Unglaublich, wie schnell der eigene Körper abbaut und sich Muskeln, die ich vorher schon kaum hatte, einfach verabschieden und mich in den Ruhestand schicken wollen.

Dafür war ich aber zu unruhig. Auch wenn sie mich anfangs nicht tragen wollten, bin ich schnell wieder auf die Beine gekommen. Vom künstlichen Koma hatte ich noch tagelang ein Gefühl von Benommenheit, vermutlich hat es sich so angefühlt wie ein langer Jetlag. Das waren auch wirklich ordentliche Turbulenzen, die ich da mitmachen musste.
Doch die Ausflüge in die Natur, Spaziergänge, ein paar Fitnessübungen und vor allem viel gutes Essen von Mama und Papa haben mich wieder hingekriegt.
Ein Kunstwerk. Ich will nicht wieder pathetisch klingen, aber damit möchte ich auch Danke sagen. Den Ärzten und vor allem Krankenpflegern auf der Intensivstation, meinen Eltern fürs Bekochen und Verpflegen daheim und meinen Freunden, zu denen doch mehr gehören, als ich gedacht hätte.
Während meines Tiefschlafs haben sich so viele Menschen gemeldet und auch danach habe ich von so vielen gehört, was ich ihnen bedeute. Auch mit vermeintlich Verflossenen telefoniere ich jetzt wieder. Vielleicht geht sich bald ein Treffen aus. Ich freue mich nach dieser Erfahrung auf jedes neue Abenteuer.
Die Erkrankung hat mein Leben irgendwie auf Reset gestellt. Ein Neuanfang? Alles von vorne?

Nein, nicht ganz. Vieles war schon gut, so wie es war.
Vor allem mein Umfeld zählt da dazu.
Aber ich weiß nun auch, wie schnell es gehen kann, dass sich alles innerhalb weniger Stunden ändern kann, der Zug einfach ohne einen abfährt oder einen gleich überrollt, obwohl man nicht einmal auf den gefährlichen Gleisen steht, sondern einfach Passagier im Leben sein möchte.
Lebe jeden Tag als wäre es dein letzter ist nun wirklich ein pathetischer Spruch wie von einem billigen Wandkalender heruntergerissen.

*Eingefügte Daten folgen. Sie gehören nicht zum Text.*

-- ===== src/Commands.antt =====
-- The queued commands of src/cloud/device_commands.py, and the pH calibration that they drive. A command
-- is what `json` gave, field by field, with what is wrong of it as a case of its own. Voltages are
-- microvolts, buffers hundredths of a pH. The texts of the messages are constructors; where a text
-- quotes a name, so does the constructor.
pub mod Setup
pub mod Dispatch
pub mod Once
mod Kept
mod New
pub mod Bounds
pub mod Spent
mod Tests
use wqm.Prelude.{
  ℕ, zero, suc, ◌+◌, ◌-◌, ◌≤◌, ◌<◌, ◌≡◌, ◌⊎◌, inl, inr, Bool, true, false, ◌&&◌, ◌||◌, not, Option,
  none, some, List, [], ◌∷◌, ◌++◌, leb, ltb, ◌==◌, if◌then◌else◌, length,
}
use wqm.Prelude.Int.{ℤ, pos, negsuc, ◌-ℤ◌, abs, leb_ℤ, ltb_ℤ, eq_ℤ}
use wqm.Prelude.Texts.{String, has_name}

pub data Status : Type 0 where
  applied rejected : Status

pub data Message : Type 0 where
  not_object missing_id missing_type unknown_type missing_expires bad_expires expired bad_payload :
      Message
  unknown_step unknown_probe buffer_not_here buffer_no_number non_finite bad_analog_buffer
        bad_rs485_buffer :
      Message
  not_started not_stable missing_points too_close : Message
  unknown_op bad_sensor bad_enabled must_enable must_disable : Message
  started point_stored calibration_applied sensor_added address_set sensor_enabled sensor_disabled :
      Message
  unexpected failure : String → Message
  address_missing address_no_number address_fraction address_range : String → Message

-- The result of an outcome: the points so far, the line that was fitted, or the sensors.
pub data Report (Sensors : Type 0) : Type 0 where
  no_report : Report Sensors
  points : List ℤ → Report Sensors
  fitted : Option (ℤ × ℤ) → List ℤ → Report Sensors
  sensors : Sensors → Report Sensors

pub record CommandOutcome (Sensors : Type 0) : Type 0 where
  pub status : Status
  pub result : Report Sensors
  pub message : Message

abbrev pub refuse : {Sensors : Type 0} → Message → CommandOutcome Sensors
refuse message = record { status = rejected; result = no_report; message = message }

abbrev pub accept : {Sensors : Type 0} → Message → Report Sensors → CommandOutcome Sensors
accept message result = record { status = applied; result = result; message = message }

-- What a call of the hardware does: it raises with a text, or it returns.
pub data Call {ℓ} (A : Type ℓ) : Type ℓ where
  raises : String → Call A
  returns : A → Call A

-- `CommandHardware`, over a state of its own
pub record Hardware (World Sensors : Type 0) : Type 0 where
  pub read_ph_adc_volts : World → Call (Option ℤ) × World
  pub apply_analog_ph : ℤ → ℤ → World → Call (ℤ × ℤ) × World
  pub calibrate_rs485_ph_point : ℤ → World → Call {0} Unit × World
  pub rs485_add : String → ℕ → World → Call Sensors × World
  pub rs485_set_address : String → ℕ → ℕ → World → Call Sensors × World
  pub rs485_set_enabled : String → Option ℕ → Bool → World → Call Sensors × World

-- What the dispatcher keeps of a calibration.
pub record Calibration : Type 0 where
  pub analog_4 : Option ℤ
  pub analog_7 : Option ℤ
  pub rs485_buffers : List ℤ
  pub analog_started : Bool
  pub rs485_started : Bool

abbrev pub no_calibration : Calibration
no_calibration = record {
  analog_4 = none;
  analog_7 = none;
  rs485_buffers = [];
  analog_started = false;
  rs485_started = false;
}

pub data Step : Type 0 where
  start point finish : Step

pub data Probe : Type 0 where
  analog rs485_multi : Probe

pub data Buffer : Type 0 where
  no_buffer buffer_text buffer_infinite : Buffer
  buffer : ℤ → Buffer

pub record PhPayload : Type 0 where
  pub extra : Option String
  pub step : Option Step
  pub probe : Option Probe
  pub buffer : Buffer

-- What a call leaves.
pub record Done (World Sensors : Type 0) : Type 0 where
  pub outcome : CommandOutcome Sensors
  pub calibration : Calibration
  pub world : World

-- `_buffer_label` of a buffer: none if the label is allowed.
unfoldable pub buffer_fault : Probe → Buffer → Option Message
buffer_fault p no_buffer = some buffer_no_number
buffer_fault p buffer_text = some buffer_no_number
buffer_fault p buffer_infinite = some non_finite
buffer_fault analog (buffer b) =
    if eq_ℤ b (pos 400) || eq_ℤ b (pos 700) then none else some bad_analog_buffer
buffer_fault rs485_multi (buffer b) =
    if eq_ℤ b (pos 918) || (eq_ℤ b (pos 686) || eq_ℤ b (pos 401))
    then none
    else some bad_rs485_buffer

abbrev pub value_of : Buffer → ℤ
value_of no_buffer = pos 0
value_of buffer_text = pos 0
value_of buffer_infinite = pos 0
value_of (buffer b) = b

abbrev pub has_buffer : Buffer → Bool
has_buffer no_buffer = false
has_buffer buffer_text = true
has_buffer buffer_infinite = true
has_buffer (buffer b) = true

abbrev pub is_started : Probe → Calibration → Bool
is_started analog c = c.analog_started
is_started rs485_multi c = c.rs485_started

-- A sorted list with one more voltage, and the middle of five.
unfoldable pub insert : ℤ → List ℤ → List ℤ
insert v [] = v ∷ []
insert v (w ∷ ws) = let rest = insert v ws in if leb_ℤ v w then v ∷ w ∷ ws else w ∷ rest

unfoldable pub sort : List ℤ → List ℤ
sort [] = []
sort (v ∷ vs) = insert v (sort vs)

abbrev pub has_ℤ : ℤ → List ℤ → Bool
has_ℤ b [] = false
has_ℤ b (c ∷ cs) = eq_ℤ c b || has_ℤ b cs

-- The spread of five samples in order, and their median.
unfoldable pub steady : List ℤ → Option ℤ
steady (a ∷ b ∷ c ∷ d ∷ e ∷ []) = if ltb_ℤ (pos 20000) (e -ℤ a) then none else some c
steady _ = none

abbrev point_if : ℤ → Option ℤ → List ℤ
point_if b none = []
point_if b (some v) = b ∷ []

-- `sorted(self._analog_volts)`
abbrev pub stored_points : Calibration → List ℤ
stored_points c = point_if (pos 400) c.analog_4 ++ point_if (pos 700) c.analog_7

module _ {World Sensors : Type 0} (hardware : Hardware World Sensors) where
  -- The samples that `_read_analog_point` takes, or what stops it.
  unfoldable pub sample : ℕ → List ℤ → World → (Message ⊎ List ℤ) × World
  sample zero samples world = (inr samples, world)
  sample (suc n) samples world =
      let out = hardware.read_ph_adc_volts world in
      elim out.0 [
        | raises text ↦ (inl (failure text), out.1)
        | returns read ↦ elim read [
          | none ↦ (inl non_finite, out.1)
          | some v ↦ sample n (v ∷ samples) out.1
        ]
      ]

Aber jeder von uns kennt seine Bedeutung und es ist wie bei vielem Profanen doch etwas Wahres dran. Auch wenn ich hoffe, dass dieser letzte Tag für keinen von uns schon heute ist, sondern in ganz weiter Ferne, und wir noch viel Zeit haben für unser größtes Kunstwerk: (Über-)Leben.